5. U.S. 10-year Treasury yields continue to rise

On a side note, regarding domestic wealth management products, I wonder if anyone has noticed that some of these low-risk products have recently seen an increase in yields; products that used to yield around 2% annually have now risen to 3% or even higher. A long-term investment I bought at a certain bank recently even soared to over 4%. I haven't seen a 'low-risk' product starting with 4 for a long time. As shown in the figure below.

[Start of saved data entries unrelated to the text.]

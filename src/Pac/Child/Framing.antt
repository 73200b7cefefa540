-- ===== src/Pac/Child/Framing.antt =====
-- src/proxylib/pac/_child.py: what is read back of what was written.
use proxylib.Prelude.{
  ℕ, ◌/◌, ◌%◌, ◌^◌, ◌≡◌, ◌<◌, refl, ap, some, [], ◌∷◌, ◌++◌, arith, ltb, length, take,
  drop_of_length, Bool-cases, inl, inr,
}
use proxylib.Python.Exec.{Result, ok}
use proxylib.Pac.Child.{Bytes, pack, unpack, Pickle, write_frame, loaded, read_body, read_frame}

unpack-pack :
    (n : ℕ) → n < 2 ^ 32 → unpack (n / 2 ^ 24) (n / 2 ^ 16 % 256) (n / 2 ^ 8 % 256) (n % 256) ≡ n
unfolding unpack
unpack-pack n h = omega (arith, h)

take-append : (xs ys : Bytes) → take (length xs) (xs ++ ys) ≡ xs
take-append [] ys = refl
take-append (x ∷ xs) ys = ap (λ l. x ∷ l) (take-append xs ys)

module _ {M : Type 0} (pickle : Pickle M) where
  read_body-append :
      (body rest : Bytes) (message : M)
      → pickle.loads body ≡ ok message
      → read_body pickle (length body) (body ++ rest) ≡ (ok (some message), rest)
  unfolding read_body loaded
  read_body-append body rest message back =
      rw (read_body, take-append body rest, drop_of_length body rest, back) (ground arith)

  write_frame-ok :
      (message : M) (frame : Bytes)
      → write_frame pickle message ≡ ok frame
      → (length (pickle.dumps message) < 2 ^ 32)
        × (frame
            ≡ length (pickle.dumps message) / 2 ^ 24
              ∷ length (pickle.dumps message) / 2 ^ 16 % 256
              ∷ length (pickle.dumps message) / 2 ^ 8 % 256
              ∷ length (pickle.dumps message) % 256
              ∷ pickle.dumps message)
  unfolding write_frame pack
  write_frame-ok message frame written =
      elim (Bool-cases (ltb (length (pickle.dumps message)) (2 ^ 32))) [
        | inl fits ↦ (ground (arith, fits), same_frame (rw (write_frame, pack, fits) at written))
        | inr long ↦ absurd (ground (arith, long, written))
      ]
    where
      same_frame : {a b : Bytes} → ◌≡◌ {A = Result Bytes} (ok a) (ok b) → b ≡ a
      same_frame h = cc

  -- A frame that was written is read back as its message, and what follows it on the stream is left for
  -- the next reading: where pickling and unpickling a message gives it back, and its pickle is shorter
  -- than 2^32 bytes.
  pub read_frame-write_frame :
      (message : M) (frame rest : Bytes)
      → pickle.loads (pickle.dumps message) ≡ ok message
      → write_frame pickle message ≡ ok frame
      → read_frame pickle (frame ++ rest) ≡ (ok (some message), rest)
  unfolding write_frame read_frame read_body pack
  read_frame-write_frame message frame rest back written =
      let (fits, split) = write_frame-ok message frame written in
      rw (split, read_frame, unpack-pack (length (pickle.dumps message)) fits)
        (read_body-append (pickle.dumps message) rest message back)
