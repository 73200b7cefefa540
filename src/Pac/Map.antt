-- ===== src/Pac/Map.antt =====
-- src/proxylib/pac/map.py: `PacProxyMap.__getitem__`. The script is a `PacScript`, or a Python function
-- whose call is an argument; `none` is a result that is not a text.
use proxylib.Prelude.{
  ◌≡◌, refl, ap, ◌∙◌, Bool, true, ◌&&◌, Option, none, some, [], ◌∷◌, ◌++◌, arith, ◌≢◌,
  if◌then◌else◌, or_else, All, arith,
}
use proxylib.Python.Exec.{Error, Result, ok, raise, pac_error, ◌>>=◌, Exec}
use proxylib.Python.Text.{Text, text, lower, ◌==◌, ==_iff}
use proxylib.Python.Url.{SplitResult, urlsplit, hostname}
use proxylib.Net.{Netimps}
use proxylib.Lookup.{Proxies}
use proxylib.Proxy.Parse.{parse_pac_result}
use proxylib.Proxy.Reading.{parse_pac_result_total, ValidEntry}

-- `self.script`: what `find_proxy_for_url` of a `PacScript` does, or a call of a Python function
pub data Script (S : Type 0) : Type 0 where
  pac_script : (Text → Text → Exec S Text) → Script S
  function : (Text → Text → Exec S (Option Text)) → Script S

-- the URL that the script sees
unfoldable pub seen_url : Bool → SplitResult → Text → Text
seen_url browser_compatibility parts url =
    if browser_compatibility && lower parts.scheme == text "https"
    then parts.scheme ++ (text "://" ++ (parts.netloc ++ text "/"))
    else url

-- `except Exception as exc: raise PACError`
as_pac_error : Result (Option Text) → Result (Option Text)
as_pac_error (ok r) = ok r
as_pac_error (raise e) = raise pac_error

given : Result Text → Result (Option Text)
given r = do t ← r; ok (some t)

unfoldable pub run : {S : Type 0} → Script S → Text → Text → Exec S (Option Text)
unfolding as_pac_error given
run (pac_script f) url host s = (given (f url host s).0, (f url host s).1)
run (function f) url host s = (as_pac_error (f url host s).0, (f url host s).1)

-- `(None,)` for a result that is not a text, else `Proxy.parse_pac_result`
unfoldable pub read_result : ⦃net : Netimps⦄ → Result (Option Text) → Result Proxies
read_result (raise e) = raise e
read_result (ok none) = ok (none ∷ [])
read_result (ok (some t)) = parse_pac_result t

-- `PacProxyMap(script, browser_compatibility=…)[url]`
unfoldable pub pac_getitem :
    {S : Type 0} → ⦃net : Netimps⦄ → Bool → Script S → Text → Exec S Proxies
pac_getitem browser_compatibility script url s = elim (urlsplit url) [
  | raise e ↦ (raise e, s)
  | ok parts ↦
      let (r, s') =
        run script (seen_url browser_compatibility parts url) (or_else (hostname parts) []) s in
      (read_result r, s')
]

-- What an answer is, by what the script's own function came to: another exception, or an answer that is not
-- empty and has only DIRECT and valid proxies.
abbrev pub Answered : {A : Type 0} → (Error → Error) → Result A → Result Proxies → Type 0
Answered failure (raise e) answer = answer ≡ raise (failure e)
Answered failure (ok r) answer = (ps : Proxies) × (answer ≡ ok ps) × (ps ≢ []) × All ValidEntry ps

module _ ⦃net : Netimps⦄ where
  of_function :
      (r : Result (Option Text)) → Answered (λ e. pac_error) r (read_result (as_pac_error r))
  unfolding read_result as_pac_error
  of_function (raise e) = refl
  of_function (ok none) = (none ∷ [], refl, λ h. ground (arith, h), (tt, tt))
  of_function (ok (some t)) = parse_pac_result_total t

  of_pac_script : (r : Result Text) → Answered (λ e. e) r (read_result (given r))
  unfolding read_result given
  of_pac_script (raise e) = refl
  of_pac_script (ok t) = parse_pac_result_total t

  -- For a URL that can be split: where a Python function `f` is the script, whatever it raises becomes a
  -- `PACError`, and whatever it returns, text or not, becomes an answer that is not empty and has only
  -- DIRECT and valid proxies; where a `PacScript` is, with `g` its `find_proxy_for_url`, what it raises is
  -- raised as it is, and any text becomes such an answer.
  pub pac_getitem-Answered :
      {S : Type 0} (browser_compatibility : Bool) (f : Text → Text → Exec S (Option Text))
      (g : Text → Text → Exec S Text) (url : Text) (s : S) (parts : SplitResult)
      → urlsplit url ≡ ok parts
      → let seen = seen_url browser_compatibility parts url in
        let host = or_else (hostname parts) [] in
        Answered
          (λ e. pac_error)
          (f seen host s).0
          (pac_getitem browser_compatibility (function f) url s).0
        × Answered
            (λ e. e)
            (g seen host s).0
            (pac_getitem browser_compatibility (pac_script g) url s).0
  unfolding pac_getitem run
  pac_getitem-Answered compat f g url s parts split =
      let seen = seen_url compat parts url in
      let host = or_else (hostname parts) [] in
      (
        rw (pac_getitem, split) (of_function (f seen host s).0),
        rw (pac_getitem, split) (of_pac_script (g seen host s).0),
      )

seen_url_https :
    (parts : SplitResult) (url : Text)
    → lower parts.scheme ≡ text "https"
    → seen_url true parts url ≡ parts.scheme ++ (text "://" ++ (parts.netloc ++ text "/"))
unfolding seen_url
seen_url_https parts url https = ground (arith, ==_iff (lower parts.scheme) (text "https"), https)

hostname_of_netloc :
    (parts parts' : SplitResult) → parts'.netloc ≡ parts.netloc → hostname parts' ≡ hostname parts
unfolding hostname
hostname_of_netloc parts parts' same = ap (λ n. hostname (record parts { netloc = n })) same

module _ ⦃net : Netimps⦄ where
  -- With `browser_compatibility` the script learns nothing of an `https` URL but its scheme and its network
  -- location: two URLs that differ in the rest (path, query or fragment), get the same answer from it and
  -- leave it in the same state, whatever the script does.
  pub pac_getitem-hides :
      {S : Type 0} (script : Script S) (url other : Text) (s : S) (parts parts' : SplitResult)
      → urlsplit url ≡ ok parts
      → urlsplit other ≡ ok parts'
      → lower parts.scheme ≡ text "https"
      → parts'.scheme ≡ parts.scheme
      → parts'.netloc ≡ parts.netloc
      → pac_getitem true script other s ≡ pac_getitem true script url s
  unfolding pac_getitem
  pac_getitem-hides script url other s parts parts' split split' https schemes locations =
      rw
        (
          pac_getitem,
          split,
          split',
          seen_url_https parts url https,
          seen_url_https parts' other (ap lower schemes ∙ https),
          hostname_of_netloc parts parts' locations,
          schemes,
          locations,
        )
        refl
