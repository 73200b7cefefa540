-- ===== src/Examples/Pipes.antt =====
-- PAC scripts and their helper process, at concrete inputs.
use proxylib.Prelude.{ℕ, ◌+◌, or_else, ◌≡◌, refl, true, some, Option, [], ◌∷◌, ◌++◌}
use proxylib.Python.Exec.{Result, ok, raise, exception, pac_error}
use proxylib.Python.Text.{Text, text, cut, lstrip, starts_with, lower_char}
use proxylib.Python.Url.{SplitResult, urlsplit, hostname}
use proxylib.Pac.Child.{Bytes, pack, Pickle, write_frame, read_frame, Engines}
use proxylib.Pac.Child.Framing.{read_frame-write_frame}
use proxylib.Pac.Map.{
  function, pac_script, seen_url, pac_getitem, Answered, pac_getitem-Answered, pac_getitem-hides,
}
use proxylib.Samples.{offline}

-- a message that is its own pickle
abbrev plain : Pickle Bytes
plain = record { dumps = λ m. m; loads = λ m. ok m }

three_written : write_frame plain (7 ∷ 8 ∷ 9 ∷ []) ≡ ok (0 ∷ 0 ∷ 0 ∷ 3 ∷ 7 ∷ 8 ∷ 9 ∷ [])
unfolding write_frame pack
three_written = refl

read_frame-write_frame_example :
    read_frame plain ((0 ∷ 0 ∷ 0 ∷ 3 ∷ 7 ∷ 8 ∷ 9 ∷ []) ++ (1 ∷ 2 ∷ []))
    ≡ (ok (some (7 ∷ 8 ∷ 9 ∷ [])), 1 ∷ 2 ∷ [])
read_frame-write_frame_example =
    read_frame-write_frame plain (7 ∷ 8 ∷ 9 ∷ []) (0 ∷ 0 ∷ 0 ∷ 3 ∷ 7 ∷ 8 ∷ 9 ∷ []) (1 ∷ 2 ∷ []) refl
      three_written

-- an engine that counts its calls, and refuses them all
abbrev refusing : Engines ℕ Text
refusing = record {
  load = λ name. ok 0;
  eval = λ source n. (ok tt, n);
  is_defined = λ n. (ok true, n);
  call_function = λ url host n. (raise exception, n + 1);
}

-- a site, and a page of it
abbrev site_parts : SplitResult
site_parts = record {
  scheme = text "https";
  netloc = text "www.corp";
  path = text "/a";
  query = [];
  fragment = [];
}

site_split : urlsplit (text "https://www.corp/a") ≡ ok site_parts
unfolding urlsplit cut lstrip starts_with lower_char
site_split = refl

abbrev failing : Text → Text → ℕ → Result (Option Text) × ℕ
failing url host n = (raise exception, n + 1)

abbrev choosing : Text → Text → ℕ → Result Text × ℕ
choosing url host n = (ok (text "PROXY squid:3128"), n + 1)

pac_getitem-Answered_example :
    Answered
      (λ e. pac_error)
      (failing
        (seen_url true site_parts (text "https://www.corp/a"))
        (or_else (hostname site_parts) [])
        0).0
      (pac_getitem true (function failing) (text "https://www.corp/a") 0).0
    × Answered
        (λ e. e)
        (choosing
          (seen_url true site_parts (text "https://www.corp/a"))
          (or_else (hostname site_parts) [])
          0).0
        (pac_getitem true (pac_script choosing) (text "https://www.corp/a") 0).0
pac_getitem-Answered_example =
    pac_getitem-Answered true failing choosing (text "https://www.corp/a") 0 site_parts site_split

abbrev page_parts : SplitResult
page_parts = record site_parts { path = text "/b"; query = text "q" }

page_split : urlsplit (text "https://www.corp/b?q") ≡ ok page_parts
unfolding urlsplit cut lstrip starts_with lower_char
page_split = refl

pac_getitem-hides_example :
    pac_getitem true (pac_script choosing) (text "https://www.corp/b?q") 0
    ≡ pac_getitem true (pac_script choosing) (text "https://www.corp/a") 0
unfolding lower_char
pac_getitem-hides_example =
    pac_getitem-hides (pac_script choosing) (text "https://www.corp/a")
      (text "https://www.corp/b?q") 0 site_parts page_parts site_split page_split refl refl refl
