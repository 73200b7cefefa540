-- ===== src/System/Resolvers.antt =====
-- src/proxylib/system/_darwin.py (`CFNetworkProxyMap`): what CFNetwork answers, as proxies. CFNetwork is an
-- argument: the entries it gives, and what running a PAC for it comes to. What it allocates is in
-- System/References.
use proxylib.Prelude.{ℕ, zero, suc, Option, none, some, List, [], ◌∷◌, ◌++◌, if◌then◌else◌, or_else}
use proxylib.Python.Exec.{Result, ok, raise, key_error, ◌>>=◌, Exec}
use proxylib.Python.Text.{Text, text, is_empty}
use proxylib.Proxy.Parse.{parse, or_direct}
use proxylib.Lookup.{Proxies}

-- the value of `kCFProxyTypeKey`, and the other values of one entry
pub data ProxyType : Type 0 where
  no_proxy_type pac_url_type http_type https_type socks_type ftp_type other_type : ProxyType

pub record CfEntry : Type 0 where
  pub kind : ProxyType
  pub pac_url : Option Text
  pub host : Option Text
  pub port : Option ℕ

-- the pairs that `_parse_proxy_entry` returns
pub data ParsedEntry : Type 0 where
  direct_entry skipped_entry : ParsedEntry
  proxy_entry : Text → ParsedEntry
  pac_entry : Option Text → ParsedEntry

unfoldable pub scheme_of : ProxyType → Option Text
scheme_of http_type = some (text "http")
scheme_of https_type = some (text "http")
scheme_of socks_type = some (text "socks5")
scheme_of ftp_type = some (text "ftp")
scheme_of _ = none

-- `f"{scheme}://{host}:{port}" if port else f"{scheme}://{host}"`; `decimal` writes a number out
unfoldable pub entry_url : (ℕ → Text) → Text → Text → Option ℕ → Text
entry_url decimal scheme host none = scheme ++ (text "://" ++ host)
entry_url decimal scheme host (some zero) = scheme ++ (text "://" ++ host)
entry_url decimal scheme host (some (suc n)) =
    scheme ++ (text "://" ++ (host ++ (text ":" ++ decimal (suc n))))

unfoldable pub parse_host_entry : (ℕ → Text) → Option Text → CfEntry → ParsedEntry
parse_host_entry decimal none entry = skipped_entry
parse_host_entry decimal (some scheme) entry =
    let host = or_else entry.host [] in
    if is_empty host then skipped_entry else proxy_entry (entry_url decimal scheme host entry.port)

-- `_parse_proxy_entry`
unfoldable pub parse_proxy_entry : (ℕ → Text) → CfEntry → ParsedEntry
parse_proxy_entry decimal entry = elim entry.kind [
  | no_proxy_type ↦ direct_entry
  | pac_url_type ↦ pac_entry entry.pac_url
  | http_type ↦ parse_host_entry decimal (scheme_of http_type) entry
  | https_type ↦ parse_host_entry decimal (scheme_of https_type) entry
  | socks_type ↦ parse_host_entry decimal (scheme_of socks_type) entry
  | ftp_type ↦ parse_host_entry decimal (scheme_of ftp_type) entry
  | other_type ↦ parse_host_entry decimal (scheme_of other_type) entry
]

-- the entries of a PAC's result; DIRECT is `none`
unfoldable pub pac_results : (ℕ → Text) → List CfEntry → List (Option Text)
pac_results decimal [] = []
pac_results decimal (entry ∷ entries) =
    let rest = pac_results decimal entries in
    elim (parse_proxy_entry decimal entry) [
      | skipped_entry ↦ rest
      | direct_entry ↦ none ∷ rest
      | pac_entry url ↦ none ∷ rest
      | proxy_entry url ↦ some url ∷ rest
    ]

-- `Proxy.parse(entry) if entry else None`, entry by entry
unfoldable pub parse_results : List (Option Text) → Result Proxies
parse_results [] = ok []
parse_results (none ∷ rs) = do ps ← parse_results rs; ok (none ∷ ps)
parse_results (some url ∷ rs) = do p ← parse url; ps ← parse_results rs; ok (some p ∷ ps)

module _ {S : Type 0} (decimal : ℕ → Text) (run_pac : Text → S → Option (List CfEntry) × S) where
  -- the loop of `_resolve_proxies_for_url`: the results, or no answer
  unfoldable pub cf_results : List CfEntry → S → Option (List (Option Text)) × S
  cf_results [] s = (some [], s)
  cf_results (entry ∷ entries) s = elim (parse_proxy_entry decimal entry) [
    | skipped_entry ↦ cf_results entries s
    | direct_entry ↦ (append_to (none ∷ []) (cf_results entries s).0, (cf_results entries s).1)
    | proxy_entry url ↦
        (append_to (some url ∷ []) (cf_results entries s).0, (cf_results entries s).1)
    | pac_entry url ↦
        let ran = run_pac (or_else url []) s in
        let rest = cf_results entries ran.1 in
        if is_empty (or_else url []) then (none, s) else elim ran.0 [
          | none ↦ (none, ran.1)
          | some found ↦ (append_to (pac_results decimal found) rest.0, rest.1)
        ]
  ]
    where
      append_to : List (Option Text) → Option (List (Option Text)) → Option (List (Option Text))
      append_to xs none = none
      append_to xs (some ys) = some (xs ++ ys)

  -- `CFNetworkProxyMap.__getitem__`; `found`: the entries that CFNetwork copies, where it answers
  unfoldable pub cf_getitem : Option (List CfEntry) → Exec S Proxies
  cf_getitem none s = (raise key_error, s)
  cf_getitem (some entries) s = elim (cf_results entries s).0 [
    | none ↦ (raise key_error, (cf_results entries s).1)
    | some results ↦ ((do ps ← parse_results results; ok (or_direct ps)), (cf_results entries s).1)
  ]
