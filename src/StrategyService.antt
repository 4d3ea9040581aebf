-- ===== src/StrategyService.antt =====
-- aa-trigger/src/strategyService.ts and aa-trigger/src/quoteV2.ts: preparing a strategy session from a
-- user's intent and one price snapshot.
pub mod Quote
pub mod Prepare
pub mod Stored
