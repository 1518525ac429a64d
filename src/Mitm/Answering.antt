-- ===== src/Mitm/Answering.antt =====
-- The proxy answers: no panic on a request, with a handler that does not panic.
use mathlib.Core.Path.{subst}
use good_mitm.Prelude.{
  sym, ℕ, ◌≡◌, refl, ◌+◌, ◌<◌, true, Bool-cases, some, Option-cases, inl, inr, arith,
}
use good_mitm.Text.{Text, codes, starts_with, to_decimal}
use good_mitm.Text.Decimal.{all-to_decimal}
use good_mitm.Env.{
  Env, ok, err, content_length, content_type, content_disposition, strict_transport_security,
}
use good_mitm.Env.Laws.{ValueLaws, is_visible}
use good_mitm.Io.{pure, Request, Response, unwrap}
use good_mitm.Io.Ensures.{Ensures, Ensures-at, Returns}
use good_mitm.Io.Halting.{Halts, Halts-bind, Halts-unwrap, Halts-Returns, Returns-Halts}
use good_mitm.HttpHandler.{
  HttpContext, new_context, HttpHandler, RequestOrResponse, request, response,
}
use good_mitm.Mitm.{
  MitmProxy, Answer, absolute_uri, strip_request, fix_length, finish_response, finish_proxy,
  allow_all_cros, get_cert_res, answered, forward, handle, process_request, process_connect, route,
  proxy_req,
}

-- The handler does not panic on a request, as it begins, nor on its response, in the context that
-- it then has.
pub record IsCalm (E : Env) (D : Type 0) (h : HttpHandler E D) : Type 0 where
  pub requests : (req : Request E) → Halts (h.handle_request (new_context E D h.default_data) req)
  pub responses :
      (req : Request E)
      → Ensures
          (λ handled. (res : Response E) → Halts (h.handle_response handled.0 res))
          (h.handle_request (new_context E D h.default_data) req)

module _ (E : Env) (laws : ValueLaws E) where
  digit_is_visible : (d : ℕ) → d < 10 → is_visible (b'0' + d) ≡ true
  digit_is_visible d h = ground arith

  decimal_value : (n : ℕ) → (v : E.HeaderValue) × (E.value_from_str (to_decimal n) ≡ some v)
  decimal_value n = laws.value-visible (to_decimal n) (all-to_decimal is_visible digit_is_visible n)

  fix_length-pure : (n : ℕ) (h : E.HeaderMap) → (h' : E.HeaderMap) × (fix_length E n h ≡ pure h')
  unfolding fix_length
  fix_length-pure n h = elim (Option-cases (E.headers_get (E.standard content_length) h)) [
    | inl absent ↦ (h, rw (absent, fix_length) refl)
    | inr (old, present) ↦
        let (v, is) = decimal_value n in
        (E.headers_set_first (E.standard content_length) v h, rw (present, fix_length, is) refl)
  ]

  pub finish_response-pure :
      (res : Response E) → (out : Response E) × (finish_response E res ≡ pure out)
  unfolding finish_response
  finish_response-pure res =
      let (h, is) = fix_length-pure (E.body_size_hint_lower res.body) res.headers in
      (
        record res { headers = E.headers_remove (E.standard strict_transport_security) h },
        rw (is, finish_response) refl,
      )

  finish_response-Halts : (res : Response E) → Halts (finish_response E res)
  finish_response-Halts res =
      let (out, is) = finish_response-pure res in subst (λ m. Halts m) (sym is) tt

  allow_all_cros-Halts : (res : Response E) → Halts (allow_all_cros E res)
  unfolding allow_all_cros
  allow_all_cros-Halts res =
      Halts-bind (unwrap (E.value_from_str (codes "*"))) _
        (Halts-unwrap E (E.value_from_str (codes "*")) (laws.value-visible (codes "*") refl))
        (λ _ _. tt)

  -- The response is a 200 with the text of the certificate as its body.
  abbrev pub Carries : Text → Response E → Type 0
  Carries cert res = (res.status ≡ 200) × (res.body ≡ E.body_from cert)

  get_cert_res-Carries :
      (cert : Text) → (res : Response E) × (get_cert_res E cert ≡ pure res) × Carries cert res
  unfolding get_cert_res
  get_cert_res-Carries cert =
      let (d, disposition) = laws.value-visible (codes "attachment; filename=good-mitm.crt") refl in
      let (k, kind) = laws.value-visible (codes "application/octet-stream") refl in
      (
        record {
          status = 200;
          version = E.version_default;
          headers =
              E.headers_append (E.standard content_type) k
                (E.headers_append (E.standard content_disposition) d E.headers_empty);
          body = E.body_from cert;
        },
        rw (disposition, kind) refl,
        (refl, refl),
      )

  get_cert_res-Halts : (cert : Text) → Halts (get_cert_res E cert)
  get_cert_res-Halts cert =
      let (res, is, _) = get_cert_res-Carries cert in subst (λ m. Halts m) (sym is) tt

  pub process_request-Carries :
      {D : Type 0} (self : MitmProxy E D) (scheme : E.Scheme) (req : Request E)
      → starts_with (E.uri_path req.uri) (codes "/mitm/cert") ≡ true
      → (res : Response E) × (process_request E self scheme req ≡ pure (ok res))
        × Carries self.cert res
  unfolding process_request
  process_request-Carries self scheme req path =
      let (res, is, carries) = get_cert_res-Carries self.cert in
      (res, rw (path, process_request, is) refl, carries)

  finish_proxy-Halts : (r : Answer E) → Halts (finish_proxy E r)
  unfolding finish_proxy
  finish_proxy-Halts (ok res) =
      Halts-bind (allow_all_cros E res) _ (allow_all_cros-Halts res) (λ _ _. tt)
  finish_proxy-Halts (err e) = tt

  module _ {D : Type 0} (self : MitmProxy E D) (calm : IsCalm E D self.http_handler) where
    answered-Halts :
        (ctx : HttpContext E D) (r : Answer E)
        → ((res : Response E) → Halts (self.http_handler.handle_response ctx res))
        → Halts (answered E self.http_handler ctx r)
    unfolding answered
    answered-Halts ctx (err e) h = tt
    answered-Halts ctx (ok res) h =
        Halts-bind (self.http_handler.handle_response ctx res) _ (h res)
          (λ res' _. Halts-bind (finish_response E res') _ (finish_response-Halts res') (λ _ _. tt))

    forward-Halts :
        (ctx : HttpContext E D) (out : RequestOrResponse E)
        → ((res : Response E) → Halts (self.http_handler.handle_response ctx res))
        → Halts (forward E self ctx out)
    unfolding forward
    forward-Halts ctx (response res) h = tt
    forward-Halts ctx (request req) h = answered-Halts ctx (self.client (strip_request E req)) h

    handle-Halts :
        (scheme : E.Scheme) (req : Request E)
        → Returns (absolute_uri E scheme req)
        → Halts (handle E self scheme req)
    unfolding handle
    handle-Halts scheme req h =
        let ctx = new_context E D self.http_handler.default_data in
        Halts-bind (absolute_uri E scheme req) _ (Returns-Halts (absolute_uri E scheme req) h)
          (λ req' _.
            Halts-bind (self.http_handler.handle_request ctx req') _ (calm.requests req')
              (λ handled is. forward-Halts handled.0 handled.1 (
                Ensures-at _ (self.http_handler.handle_request ctx req') is (calm.responses req'))))

    pub process_request-Halts :
        (scheme : E.Scheme) (req : Request E)
        → Returns (absolute_uri E scheme req)
        → Halts (process_request E self scheme req)
    unfolding process_request
    process_request-Halts scheme req h =
        elim (Bool-cases (starts_with (E.uri_path req.uri) (codes "/mitm/cert"))) [
          | inl cert ↦
              rw (cert, process_request)
                (Halts-bind (get_cert_res E self.cert) _ (get_cert_res-Halts self.cert) (λ _ _. tt))
          | inr other ↦ rw (other, process_request) (handle-Halts scheme req h)
        ]

    route-Halts :
        (req : Request E) → Returns (absolute_uri E E.scheme_http req) → Halts (route E self req)
    unfolding route process_connect
    route-Halts req h = elim (Bool-cases (E.method_is_connect req.method)) [
      | inl connect ↦ rw (connect, route) tt
      | inr other ↦ rw (other, route) (process_request-Halts E.scheme_http req h)
    ]

    -- If the URI of a request can be completed, the proxy with a handler that does not panic answers
    -- it, or hands on the error of the client, over HTTP and under TLS alike.
    pub proxy_req-Returns :
        (req : Request E)
        → ((scheme : E.Scheme) → Returns (absolute_uri E scheme req))
        → Returns (proxy_req E self req) × Returns (process_request E self E.scheme_https req)
    unfolding proxy_req
    proxy_req-Returns req h = (
      Halts-Returns (proxy_req E self req) (
          Halts-bind (route E self req) (finish_proxy E) (route-Halts req (h E.scheme_http))
            (λ r _. finish_proxy-Halts r)),
      Halts-Returns (process_request E self E.scheme_https req)
          (process_request-Halts E.scheme_https req (h E.scheme_https)),
    )
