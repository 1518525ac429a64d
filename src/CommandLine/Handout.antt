-- ===== src/CommandLine/Handout.antt =====
-- The certificate that the proxy hands out is the file that `run` was given.
use good_mitm.Text.{Text}
use good_mitm.Env.{Env}
use good_mitm.Proxy.{Proxy}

This is mainly because the rise in government bonds has driven the increase in low-risk wealth management products, as many low-risk wealth management products primarily invest in various debt assets. As for the reasons for the rise in government bonds, there are generally two: first, there are reports indicating that the policy interest rate is expected to be lowered by 40–50bp next year; second, given our current situation in the A-share market, many funds are likely to return to the bond market for safety. Under these dual influences, it has directly driven the rise of the bond market. Looking at the current situation, as long as the A-share market does not experience a bull market like a few months ago (in September), then it will naturally be favorable for the bond market. As shown in the figure below.

As for the relationship between government bond yields and the rise and fall of wealth management products, we actually wrote an article on this topic earlier (in 2022), and interested friends can search for historical articles to review. However, the performance of government bonds is just one aspect; our main concern for next year remains a possible deflation issue, but the topic is quite sensitive domestically, so we won't discuss it further. Let's continue talking about the U.S.

Since the Fed's policy shift this month, U.S. 10-year Treasury yields have continued to rise. Based on the current trend, they may reach 5% by the second quarter of next year, which would be bearish for the market. As shown in the figure below.

Of course, the five aspects we listed above are more macro in nature, and when combined with various other factors and news, we can only say that 2025 is both a year full of opportunities and accompanied by greater market volatility risks. Always remember the phrase from our previous articles: managing your positions strictly is more important than surviving short term; investing is a long-term, comprehensive practice.